1) There is a thing called "cross-posting"...it's when you post the same question in different sections of a forum. It's annoying, don't do it. 

2) Typing in all bold is nearly as annoying as typing w/ the caps lock on. Or cross-posting. Don't do it.


----------



## Cableguy (Jun 6, 2010)

To expand on the above post,

3) Yes, that is pretty good. The following graph would estimate you're a cat 2 level rider (Power-to-Weight Ratios: Bicycling Training | Bicycling Magazine). Keep in mind your power to weight ratio is a very generic description of your abilities and there are many other aspects to racing.


----------



## cxwrench (Nov 9, 2004)

I forgot #3, yeah...that is pretty good :thumbsup:


----------



## Poncharelli (May 7, 2006)

That is a real good result IMO. I coach a HS MTB team in Utah and the general observation is that a lot of kids have good P/W, mainly because most of them are so light. 

But 4.41 is really good and would definitely put you towards the top of the Varsity field, of course depending on your handling skills. The top guys in the Varsity are probably round 4.5-4.8 W/kg; one of them has a Cat2 road license which he earned his Junior year (which included wins in Cat 3 crits; pretty rare for a little guy). But from what I remember, he was racing since he was 12.


----------



## Alfonsina (Aug 26, 2012)

Poncharelli said:


> I coach a HS MTB
> 
> B
> .


 Hey. off topic but do you know what team Hillcrest High school kids ride with? Or can kids ride with their boundary school even if they don't attend it? TIA.


----------



## spade2you (May 12, 2009)

Cableguy said:


> To expand on the above post,
> 
> 3) Yes, that is pretty good. The following graph would estimate you're a cat 2 level rider (Power-to-Weight Ratios: Bicycling Training | Bicycling Magazine). Keep in mind your power to weight ratio is a very generic description of your abilities and there are many other aspects to racing.


I take that graph with a grain of salt. I think I once held a little more than 5w/kg for about 11 minutes during an uphill TT and got something like 17th place in Cat 4 at the Joe Martin a few years ago. I'd have to double check the numbers since Garmin Connect is down at the moment.


----------



## Poncharelli (May 7, 2006)

Alfonsina said:


> Hey. off topic but do you know what team Hillcrest High school kids ride with? Or can kids ride with their boundary school even if they don't attend it? TIA.


Give Lori a call at the league office. Contact info here: Contact ? Utah

I'm in Ogden so don't know how the teams are combining in SLC. But in general practices are super open for any kid who wants to attend, parents just have to sign a simple release form give to the head coach prior to attending:

http://www.nationalmtb.org/blog/wp-content/uploads/AgreementtoParticipateandReleaseofLiability.pdf

Hopefully you can help out since sometimes there is not enough volunteer riders for the kids.


----------



## aclinjury (Sep 12, 2011)

this is pretty damn good. 

My buddy's kid who is 15, and he's been riding for about 3 years now, and has been racing for just over a year, and now he's on a junior development team, and the dude can drill with cat1/2 guys in a crit without too much issues.

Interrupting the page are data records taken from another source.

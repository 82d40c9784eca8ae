-- ===== src/Tests/Choices.antt =====
-- The theorems about archives and allocations at two aggregates and one draw.
use metering.Prelude.{
  all, ◌≡◌, ◌⊎◌, All, map, refl, arith, ◌≤◌, ◌*◌, ◌+◌, ℕ, true, false, List, [], ◌∷◌, length, any,
  any_char, contains, subset, filter, insert, sort_by, String,
}
use metering.Runtime.{traverse, items, ok, Json, get, keys, array}
use metering.Runtime.Dict.{find}
use metering.AgentProtocol.{
  require_object, item, require_exact_keys, require_sha256, require_same_json, normalize_json_value,
}
use mathlib.Core.List.{Memᴰ}
use metering.Population.Types.{
  PopulationState, Archive, Metric, Allocation, development, unevaluated, infeasible, dominated,
  over_capacity,
}
use metering.Population.Pareto.{dominates, internal_number, rank_before}
use metering.Population.Pareto.Order.{FloatOrder, dominates_trans, dominates_irrefl}
use metering.Population.Archives.{
  normalize_archive_body, objectives, group_runs, archive_from, frontier_of, is_dominated,
  select_ids, select_members, exclusion, exclusions,
}
use metering.Population.Archives.Frontier.{members_undominated}
use metering.Population.Archives.Partition.{IsPlaced, archive_partition}
use metering.Population.Archives.Groups.{normalize_archive_body-le-capacity}
use metering.Population.Allocations.{select_candidate, allocation_json, normalize_allocation_body}
use metering.Population.Allocations.Uniform.{
  IsCurrent, select_candidate_total, select_candidate_uniform, normalize_allocation_body-IsCurrent,
}
use metering.Information.{validated_base, distribution, validated_probability}
use metering.Information.Measures.{entropy}
use metering.Population.Evidence.{finite_or_infinite}
use metering.Population.Aggregate.{candidate_aggregate}
use metering.Population.State.{empty_state}
use metering.AgentProtocol.Artifact.{default}
use metering.Tests.Samples.{scored_run, costs, toy, aggregate, digest, other_digest}
use metering.Tests.Ledgers.{with_candidate}

pub toy_order : FloatOrder toy
toy_order = record { le_trans = λ a b c h k. ground arith; lt_le = λ a b. ground arith }

abbrev best : Metric ℕ
best = aggregate digest 3 4

abbrev middle : Metric ℕ
middle = aggregate other_digest 2 4

abbrev worst : Metric ℕ
worst = aggregate "worst" 1 4

dominates_trans_example : dominates toy best worst false ≡ true
unfolding dominates internal_number
dominates_trans_example =
    dominates_trans toy toy_order false best middle worst (omega arith) (omega arith) refl refl

dominates_irrefl_example : dominates toy best best false ≡ false
dominates_irrefl_example = dominates_irrefl toy toy_order false best

abbrev pair : List (Metric ℕ)
pair = best ∷ middle ∷ []

-- The candidate with one run of a development experiment.
abbrev evaluated : PopulationState ℕ
evaluated = record with_candidate {
  experiments =
      (
        digest,
        record {
          behavior_space = "tested" ∷ [];
          budget = costs 5;
          case_count = 1;
          evaluator_id = digest;
          information_objective = false;
          role = development;
          runtime_id = digest;
          task_set_id = digest;
        },
      )
      ∷ [];
  runs = scored_run ∷ [];
}

abbrev archive_of_run : Archive ℕ
unfolding objectives
archive_of_run = record {
  eligible_count = 1;
  evaluated_count = 1;
  excluded = [];
  experiment_id = digest;
  members = record (aggregate digest 1 1) { cost = costs 4; reliability = 1; rate = 1 } ∷ [];
  objectives = objectives false;
  policy = record { capacity = 2; reliability_kappa = 1 };
}

archived_run : normalize_archive_body toy digest evaluated ≡ ok archive_of_run
unfolding normalize_archive_body find traverse group_runs candidate_aggregate entropy validated_base
    distribution items array validated_probability filter any all archive_from sort_by contains
    empty_state objectives finite_or_infinite
archived_run = refl

normalize_archive_body-le-capacity_example : length archive_of_run.members ≤ 2
unfolding empty_state
normalize_archive_body-le-capacity_example =
    normalize_archive_body-le-capacity toy digest evaluated archived_run

-- Costs less than the others and passes less: on the frontier beside the best.
abbrev cheap : Metric ℕ
cheap = record (aggregate "cheap" 1 4) { cost = costs 0 }

abbrev three : List (Metric ℕ)
three = best ∷ middle ∷ cheap ∷ []

-- Five candidates, one without an aggregate, one with none that is viable, and room for one member.
abbrev crowded : PopulationState ℕ
crowded = record with_candidate {
  candidates =
      map (λ candidate_id. (candidate_id, record { artifact = default; candidate_id = digest }))
        ("worst" ∷ digest ∷ other_digest ∷ "cheap" ∷ "new" ∷ []);
  configuration = record with_candidate.configuration {
    archive_policy = record with_candidate.configuration.archive_policy { capacity = 1 };
  };
}

left_out :
    (archive_from toy digest false (worst ∷ three) three crowded).excluded
    ≡ ("cheap", over_capacity)
      ∷ (other_digest, dominated)
      ∷ ("new", unevaluated)
      ∷ ("worst", infeasible)
      ∷ []
unfolding archive_from empty_state sort_by insert filter any dominates contains internal_number
    select_ids select_members frontier_of is_dominated rank_before exclusions exclusion
left_out = refl

archive_partition_example :
    IsPlaced toy digest false
      (worst ∷ three)
      three
      crowded
      other_digest
      (find other_digest (archive_from toy digest false (worst ∷ three) three crowded).excluded)
archive_partition_example =
    archive_partition toy digest false (worst ∷ three) three crowded other_digest

best_is_member : Memᴰ best (archive_from toy digest false pair pair with_candidate).members
unfolding archive_from empty_state sort_by insert filter any dominates contains internal_number
    select_ids select_members frontier_of is_dominated rank_before
best_is_member = Memᴰ.head refl

members_undominated_example :
    Memᴰ best pair
    × All
        (λ other.
          (other.candidate_id ≡ best.candidate_id) ⊎ (dominates toy other best false ≡ false))
        pair
members_undominated_example =
    members_undominated toy digest false pair pair with_candidate best best_is_member

select_candidate_total_example :
    (selected : String) × (select_candidate
        (record { denominator = 4; numerator = 3 })
        ("a" ∷ "b" ∷ [])
      ≡ ok selected)
    × Memᴰ selected ("a" ∷ "b" ∷ [])
select_candidate_total_example =
    select_candidate_total (record { denominator = 4; numerator = 3 }) ("a" ∷ "b" ∷ [])
      (omega arith) (omega arith)

select_candidate_uniform_example :
    select_candidate (record { denominator = 3 * 2; numerator = 1 * 3 + 2 }) ("a" ∷ "b" ∷ [])
    ≡ ok "b"
select_candidate_uniform_example =
    select_candidate_uniform ("a" ∷ "b" ∷ []) 1 3 2 refl (omega arith) (omega arith)

-- A population with an archive, whose only member a draw selects.
abbrev archived : PopulationState ℕ
archived = record with_candidate {
  archives =
      (
        other_digest,
        record {
          eligible_count = 1;
          evaluated_count = 1;
          excluded = [];
          experiment_id = digest;
          members = best ∷ [];
          objectives = [];
          policy = record { capacity = 2; reliability_kappa = 1 };
        },
      )
      ∷ [];
  archive_sequences = (other_digest, 4) ∷ [];
  latest_archive_by_experiment = (digest, other_digest) ∷ [];
  last_run_sequence_by_experiment = (digest, 3) ∷ [];
}

abbrev allocation : Allocation
allocation = record {
  archive_record_id = other_digest;
  draw = record { denominator = 4; numerator = 3 };
  ordered_candidates = digest ∷ [];
  selected_candidate_id = digest;
}

abbrev allocation_document : Json ℕ
unfolding allocation_json
allocation_document = allocation_json allocation

allocated : normalize_allocation_body toy allocation_document archived ≡ ok allocation
unfolding normalize_allocation_body allocation_json require_object require_exact_keys subset keys
    item get require_sha256 any_char find sort_by normalize_json_value array require_same_json
allocated = refl

normalize_allocation_body-IsCurrent_example : IsCurrent archived allocation
normalize_allocation_body-IsCurrent_example =
    normalize_allocation_body-IsCurrent toy allocation_document archived allocated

It's the TT that separates the men from the boys. It's funny, but there are older guys who can handily beat the kid in a TT, but then these same guys would get dropped like a rock in a crit whereas the kid wouldn't.


----------



## runabike (Jun 18, 2013)

KiNG SiG said:


> *Ive been riding for about 2 years, but have only been training seriously for about 4 to 6 weeks. I recently did a 20 minute test to get a gauge of where i am. I produced an average of 302 watts at 65kg for 20 minutes. Taking 5% of this result i can get a accurate estimate of my FTP being around 287 watts and therefore 4.41w/k. I just dont know what this really means, is it good, okay, average.
> 
> If someone could give me a better understanding of my performance it would be much appreciated.
> 
> Thanks.*



Here's the thing about numbers like these: they don't mean anything in a race. Sure, you'll get someone saying you need xxx watts for xx minutes and all that jazz, but the only important number is the one beside your name on the results list. 

All the wattage in the world won't do a thing for you if you don't know how to maximize what you have. My advice would be to not fixate on the numbers, not worry about the w/kg, and instead plug into group rides with the best riders possible. 

Shoot for results and the numbers will take care of themselves. Shoot for the wattage numbers and... well, you'll have nice numbers. May not do much for your palmares, though.


----------



## runabike (Jun 18, 2013)

spade2you said:


> I take that graph with a grain of salt. I think I once held a little more than 5w/kg for about 11 minutes during an uphill TT and got something like 17th place in Cat 4 at the Joe Martin a few years ago. I'd have to double check the numbers since Garmin Connect is down at the moment.


I finished mid pack in Elite crit nats with an ftp of ~4.4... 

Not a good result by any means (though I had several wins that season at that same w/kg), but it does show how inconsequential ftp can be if you know how to race and play to your strengths.


----------



## spade2you (May 12, 2009)

runabike said:


> I finished mid pack in Elite crit nats with an ftp of ~4.4...
> 
> Not a good result by any means (though I had several wins that season at that same w/kg), but it does show how inconsequential ftp can be if you know how to race and play to your strengths.


My FTP is generally around that, although I haven't done a real test in a few years. 

The uphill TT is 2.5 miles and generally ~10-11 minutes for the upper 3rd of Cat 4. Such a short effort is a given amount over FTP. I looked at the graph and compared my 10min power to the 5min power. Despite my 10min power being over 5w/kg that day, I was barely inside the top 20. I think I might try my hand at a few longer uphill time trials since I do much better at the longer efforts.


----------